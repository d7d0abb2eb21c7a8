-- ===== src/Port/Gpio.antt =====
-- port/nucleo_stm32f446re/src/port_system.c: the functions on GPIOs and their interrupt lines.
use transmisor_receptor_ir.Common.{
  ℕ, ◌*◌, ◌%◌, Bool, true, false, not, ◌||◌, ◌∷◌, leb, ◌==◌, if◌then◌else◌, shl32, clear_bits,
  set_bits, bit_and,
}
use transmisor_receptor_ir.Port.State.{
  Irqn, exti_line, exti9_5_irqn, exti15_10_irqn, tim1_up_tim10_irqn, systick_irqn, Priority,
  encoded, Gpio, Exti, Board, gpioa, gpiob, gpioc,
}

-- Access to the registers of one port.
abbrev pub put_gpio : ℕ → Gpio → Board → Board
put_gpio p_port g b = record b { gpio = λ q. if q == p_port then g else b.gpio q }

abbrev pub bit_pos_to_mask : ℕ → ℕ
bit_pos_to_mask x = shl32 1 x

abbrev pub high : Bool
high = true

abbrev pub low : Bool
low = false

abbrev pub gpio_mode_in : ℕ
gpio_mode_in = 0

abbrev pub gpio_mode_out : ℕ
gpio_mode_out = 1

abbrev pub gpio_mode_alternate : ℕ
gpio_mode_alternate = 2

abbrev pub gpio_pupdr_nopull : ℕ
gpio_pupdr_nopull = 0

abbrev pub trigger_both_edge : ℕ
trigger_both_edge = 3

abbrev pub trigger_enable_interr_req : ℕ
trigger_enable_interr_req = 8

-- `GET_PIN_IRQN`
unfoldable pub get_pin_irqn : ℕ → Irqn
get_pin_irqn pin =
    if leb 10 pin then exti15_10_irqn else if leb 5 pin then exti9_5_irqn else exti_line pin

abbrev pub irqn_eq : Irqn → Irqn → Bool
irqn_eq (exti_line a) (exti_line b) = a == b
irqn_eq exti9_5_irqn exti9_5_irqn = true
irqn_eq exti15_10_irqn exti15_10_irqn = true
irqn_eq tim1_up_tim10_irqn tim1_up_tim10_irqn = true
irqn_eq systick_irqn systick_irqn = true
irqn_eq _ _ = false

-- `NVIC_EnableIRQ` and `NVIC_DisableIRQ`.
abbrev pub nvic : Irqn → Bool → Board → Board
nvic n on b = record b { irq_on = λ m. if irqn_eq m n then on else b.irq_on m }

-- `NVIC_SetPriority` of `NVIC_EncodePriority`, with `NVIC_GetPriorityGrouping`.
abbrev pub put_priority : Irqn → Priority → Board → Board
put_priority n p b = record b { priority = λ m. if irqn_eq m n then p else b.priority m }

abbrev pub set_priority : Irqn → ℕ → ℕ → Board → Board
set_priority n preempt sub b = put_priority n (encoded b.priority_grouping preempt sub) b

unfoldable pub port_system_gpio_exti_enable : ℕ → ℕ → ℕ → Board → Board
unfolding get_pin_irqn
port_system_gpio_exti_enable pin priority subpriority b =
    nvic (get_pin_irqn pin) true (set_priority (get_pin_irqn pin) priority subpriority b)

unfoldable pub port_system_gpio_exti_disable : ℕ → Board → Board
unfolding get_pin_irqn
port_system_gpio_exti_disable pin b = nvic (get_pin_irqn pin) false b

-- The clock of every port but GPIOA and GPIOB is taken for that of GPIOC.
unfoldable pub port_system_gpio_config : ℕ → ℕ → ℕ → ℕ → Board → Board
unfolding clear_bits set_bits
port_system_gpio_config p_port pin mode pupd b =
    let b' : Board =
      if p_port == gpioa
      then record b { gpioaen = true }
      else if p_port == gpiob
      then record b { gpioben = true }
      else record b { gpiocen = true } in
    let g = b'.gpio p_port in
    put_gpio p_port
      (record g {
        moder = set_bits (clear_bits g.moder (shl32 3 (2 * pin))) (shl32 mode (2 * pin));
        pupdr = set_bits (clear_bits g.pupdr (shl32 3 (2 * pin))) (shl32 pupd (2 * pin));
      })
      b'

unfoldable pub port_system_gpio_config_alternate : ℕ → ℕ → ℕ → Board → Board
unfolding clear_bits set_bits
port_system_gpio_config_alternate p_port pin alternate b =
    let g = b.gpio p_port in
    let field = λ (r : ℕ).
      set_bits (clear_bits r (shl32 15 (4 * (pin % 8)))) (shl32 alternate (4 * (pin % 8))) in
    put_gpio p_port
      (if leb pin 7 then record g { afr0 = field g.afr0 } else record g { afr1 = field g.afr1 }) b

-- One of the four registers `SYSCFG->EXTICR`: the field of the pin is cleared, and set to the number
-- of the port, if it is GPIOA, GPIOB or GPIOC.
unfoldable pub exticr_write : ℕ → ℕ → ℕ → ℕ
unfolding clear_bits set_bits
exticr_write p_port pin r =
    let r' = clear_bits r (shl32 15 (4 * (pin % 4))) in
    if p_port == gpioa
    then set_bits r' (shl32 0 (4 * (pin % 4)))
    else if p_port == gpiob
    then set_bits r' (shl32 1 (4 * (pin % 4)))
    else if p_port == gpioc
    then set_bits r' (shl32 2 (4 * (pin % 4)))
    else r'

abbrev put_exticr : ℕ → ℕ → ℕ → Board → Board
put_exticr n p_port pin b = record b {
  exticr = λ m. if m == n then exticr_write p_port pin (b.exticr m) else b.exticr m;
}

unfoldable pub exti_route : ℕ → ℕ → Board → Board
unfolding exticr_write
exti_route p_port pin b =
    if pin == 0 || pin == 1 || pin == 2 || pin == 3
    then put_exticr 0 p_port pin b
    else if pin == 4 || pin == 5 || pin == 6 || pin == 7
    then put_exticr 1 p_port pin b
    else if pin == 8 || pin == 9 || pin == 10 || pin == 11
    then put_exticr 2 p_port pin b
    else if pin == 12 || pin == 13 || pin == 14 || pin == 15
    then put_exticr 3 p_port pin b
    else b

-- `reg &= ~mask; reg |= mask;`
abbrev pub rewrite_bits : ℕ → ℕ → ℕ
rewrite_bits reg mask = set_bits (clear_bits reg mask) mask

unfoldable pub exti_mode : ℕ → ℕ → Exti → Exti
exti_mode pin mode e =
    let mask = bit_pos_to_mask pin in
    if mode == 1
    then record e { rtsr = rewrite_bits e.rtsr mask }
    else if mode == 2
    then record e { ftsr = rewrite_bits e.ftsr mask }
    else if mode == 3
    then record e { rtsr = rewrite_bits e.rtsr mask; ftsr = rewrite_bits e.ftsr mask }
    else if mode == 8
    then record e { imr = rewrite_bits e.imr mask }
    else if mode == 4
    then record e { emr = rewrite_bits e.emr mask }
    else record e { imr = rewrite_bits e.imr mask; emr = rewrite_bits e.emr mask }

unfoldable pub port_system_gpio_config_exti : ℕ → ℕ → ℕ → Board → Board
unfolding exti_route exti_mode
port_system_gpio_config_exti p_port pin mode b =
    let b' = exti_route p_port pin (record b { syscfgen = true }) in
    record b' { exti = exti_mode pin mode b'.exti }

unfoldable pub port_system_gpio_read : ℕ → ℕ → Board → Bool
port_system_gpio_read p_port pin b = not (bit_and (b.gpio p_port).idr (bit_pos_to_mask pin) == 0)

unfoldable pub port_system_gpio_write : ℕ → ℕ → Bool → Board → Board
port_system_gpio_write p_port pin value b =
    let bits = if value then bit_pos_to_mask pin else shl32 (bit_pos_to_mask pin) 16 in
    record b { bsrr = (p_port, bits) ∷ b.bsrr }

unfoldable pub port_system_gpio_toggle : ℕ → ℕ → Board → Board
unfolding port_system_gpio_read port_system_gpio_write
port_system_gpio_toggle p_port pin b =
    port_system_gpio_write p_port pin (not (port_system_gpio_read p_port pin b)) b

__INSTRUCTIONS TO FOLLOW__
Restate the material word for word, keeping every line intact.

__COMPLETED EXERCISE__
repository d7d0abb2eb21c7a8
-- ===== src/Port/Gpio.antt =====
-- port/nucleo_stm32f446re/src/port_system.c: the functions on GPIOs and their interrupt lines.
use transmisor_receptor_ir.Common.{
  ℕ, ◌*◌, ◌%◌, Bool, true, false, not, ◌||◌, ◌∷◌, leb, ◌==◌, if◌then◌else◌, shl32, clear_bits,
  set_bits, bit_and,
}
use transmisor_receptor_ir.Port.State.{
  Irqn, exti_line, exti9_5_irqn, exti15_10_irqn, tim1_up_tim10_irqn, systick_irqn, Priority,
  encoded, Gpio, Exti, Board, gpioa, gpiob, gpioc,
}

-- Access to the registers of one port.
abbrev pub put_gpio : ℕ → Gpio → Board → Board
put_gpio p_port g b = record b { gpio = λ q. if q == p_port then g else b.gpio q }

abbrev pub bit_pos_to_mask : ℕ → ℕ
bit_pos_to_mask x = shl32 1 x

abbrev pub high : Bool
high = true

abbrev pub low : Bool
low = false

abbrev pub gpio_mode_in : ℕ
gpio_mode_in = 0

abbrev pub gpio_mode_out : ℕ
gpio_mode_out = 1

abbrev pub gpio_mode_alternate : ℕ
gpio_mode_alternate = 2

abbrev pub gpio_pupdr_nopull : ℕ
gpio_pupdr_nopull = 0

abbrev pub trigger_both_edge : ℕ
trigger_both_edge = 3

abbrev pub trigger_enable_interr_req : ℕ
trigger_enable_interr_req = 8

-- `GET_PIN_IRQN`
unfoldable pub get_pin_irqn : ℕ → Irqn
get_pin_irqn pin =
    if leb 10 pin then exti15_10_irqn else if leb 5 pin then exti9_5_irqn else exti_line pin

abbrev pub irqn_eq : Irqn → Irqn → Bool
irqn_eq (exti_line a) (exti_line b) = a == b
irqn_eq exti9_5_irqn exti9_5_irqn = true
irqn_eq exti15_10_irqn exti15_10_irqn = true
irqn_eq tim1_up_tim10_irqn tim1_up_tim10_irqn = true
irqn_eq systick_irqn systick_irqn = true
irqn_eq _ _ = false

-- `NVIC_EnableIRQ` and `NVIC_DisableIRQ`.
abbrev pub nvic : Irqn → Bool → Board → Board
nvic n on b = record b { irq_on = λ m. if irqn_eq m n then on else b.irq_on m }

-- `NVIC_SetPriority` of `NVIC_EncodePriority`, with `NVIC_GetPriorityGrouping`.
abbrev pub put_priority : Irqn → Priority → Board → Board
put_priority n p b = record b { priority = λ m. if irqn_eq m n then p else b.priority m }

abbrev pub set_priority : Irqn → ℕ → ℕ → Board → Board
set_priority n preempt sub b = put_priority n (encoded b.priority_grouping preempt sub) b

unfoldable pub port_system_gpio_exti_enable : ℕ → ℕ → ℕ → Board → Board
unfolding get_pin_irqn
port_system_gpio_exti_enable pin priority subpriority b =
    nvic (get_pin_irqn pin) true (set_priority (get_pin_irqn pin) priority subpriority b)

unfoldable pub port_system_gpio_exti_disable : ℕ → Board → Board
unfolding get_pin_irqn
port_system_gpio_exti_disable pin b = nvic (get_pin_irqn pin) false b

-- The clock of every port but GPIOA and GPIOB is taken for that of GPIOC.
unfoldable pub port_system_gpio_config : ℕ → ℕ → ℕ → ℕ → Board → Board
unfolding clear_bits set_bits
port_system_gpio_config p_port pin mode pupd b =
    let b' : Board =
      if p_port == gpioa
      then record b { gpioaen = true }
      else if p_port == gpiob
      then record b { gpioben = true }
      else record b { gpiocen = true } in
    let g = b'.gpio p_port in
    put_gpio p_port
      (record g {
        moder = set_bits (clear_bits g.moder (shl32 3 (2 * pin))) (shl32 mode (2 * pin));
        pupdr = set_bits (clear_bits g.pupdr (shl32 3 (2 * pin))) (shl32 pupd (2 * pin));
      })
      b'

unfoldable pub port_system_gpio_config_alternate : ℕ → ℕ → ℕ → Board → Board
unfolding clear_bits set_bits
port_system_gpio_config_alternate p_port pin alternate b =
    let g = b.gpio p_port in
    let field = λ (r : ℕ).
      set_bits (clear_bits r (shl32 15 (4 * (pin % 8)))) (shl32 alternate (4 * (pin % 8))) in
    put_gpio p_port
      (if leb pin 7 then record g { afr0 = field g.afr0 } else record g { afr1 = field g.afr1 }) b

-- One of the four registers `SYSCFG->EXTICR`: the field of the pin is cleared, and set to the number
-- of the port, if it is GPIOA, GPIOB or GPIOC.
unfoldable pub exticr_write : ℕ → ℕ → ℕ → ℕ
unfolding clear_bits set_bits
exticr_write p_port pin r =
    let r' = clear_bits r (shl32 15 (4 * (pin % 4))) in
    if p_port == gpioa
    then set_bits r' (shl32 0 (4 * (pin % 4)))
    else if p_port == gpiob
    then set_bits r' (shl32 1 (4 * (pin % 4)))
    else if p_port == gpioc
    then set_bits r' (shl32 2 (4 * (pin % 4)))
    else r'

abbrev put_exticr : ℕ → ℕ → ℕ → Board → Board
put_exticr n p_port pin b = record b {
  exticr = λ m. if m == n then exticr_write p_port pin (b.exticr m) else b.exticr m;
}

unfoldable pub exti_route : ℕ → ℕ → Board → Board
unfolding exticr_write
exti_route p_port pin b =
    if pin == 0 || pin == 1 || pin == 2 || pin == 3
    then put_exticr 0 p_port pin b
    else if pin == 4 || pin == 5 || pin == 6 || pin == 7
    then put_exticr 1 p_port pin b
    else if pin == 8 || pin == 9 || pin == 10 || pin == 11
    then put_exticr 2 p_port pin b
    else if pin == 12 || pin == 13 || pin == 14 || pin == 15
    then put_exticr 3 p_port pin b
    else b

-- `reg &= ~mask; reg |= mask;`
abbrev pub rewrite_bits : ℕ → ℕ → ℕ
rewrite_bits reg mask = set_bits (clear_bits reg mask) mask

unfoldable pub exti_mode : ℕ → ℕ → Exti → Exti
exti_mode pin mode e =
    let mask = bit_pos_to_mask pin in
    if mode == 1
    then record e { rtsr = rewrite_bits e.rtsr mask }
    else if mode == 2
    then record e { ftsr = rewrite_bits e.ftsr mask }
    else if mode == 3
    then record e { rtsr = rewrite_bits e.rtsr mask; ftsr = rewrite_bits e.ftsr mask }
    else if mode == 8
    then record e { imr = rewrite_bits e.imr mask }
    else if mode == 4
    then record e { emr = rewrite_bits e.emr mask }
    else record e { imr = rewrite_bits e.imr mask; emr = rewrite_bits e.emr mask }

unfoldable pub port_system_gpio_config_exti : ℕ → ℕ → ℕ → Board → Board
unfolding exti_route exti_mode
port_system_gpio_config_exti p_port pin mode b =
    let b' = exti_route p_port pin (record b { syscfgen = true }) in
    record b' { exti = exti_mode pin mode b'.exti }

unfoldable pub port_system_gpio_read : ℕ → ℕ → Board → Bool
port_system_gpio_read p_port pin b = not (bit_and (b.gpio p_port).idr (bit_pos_to_mask pin) == 0)

unfoldable pub port_system_gpio_write : ℕ → ℕ → Bool → Board → Board
port_system_gpio_write p_port pin value b =
    let bits = if value then bit_pos_to_mask pin else shl32 (bit_pos_to_mask pin) 16 in
    record b { bsrr = (p_port, bits) ∷ b.bsrr }

unfoldable pub port_system_gpio_toggle : ℕ → ℕ → Board → Board
unfolding port_system_gpio_read port_system_gpio_write
port_system_gpio_toggle p_port pin b =
    port_system_gpio_write p_port pin (not (port_system_gpio_read p_port pin b)) b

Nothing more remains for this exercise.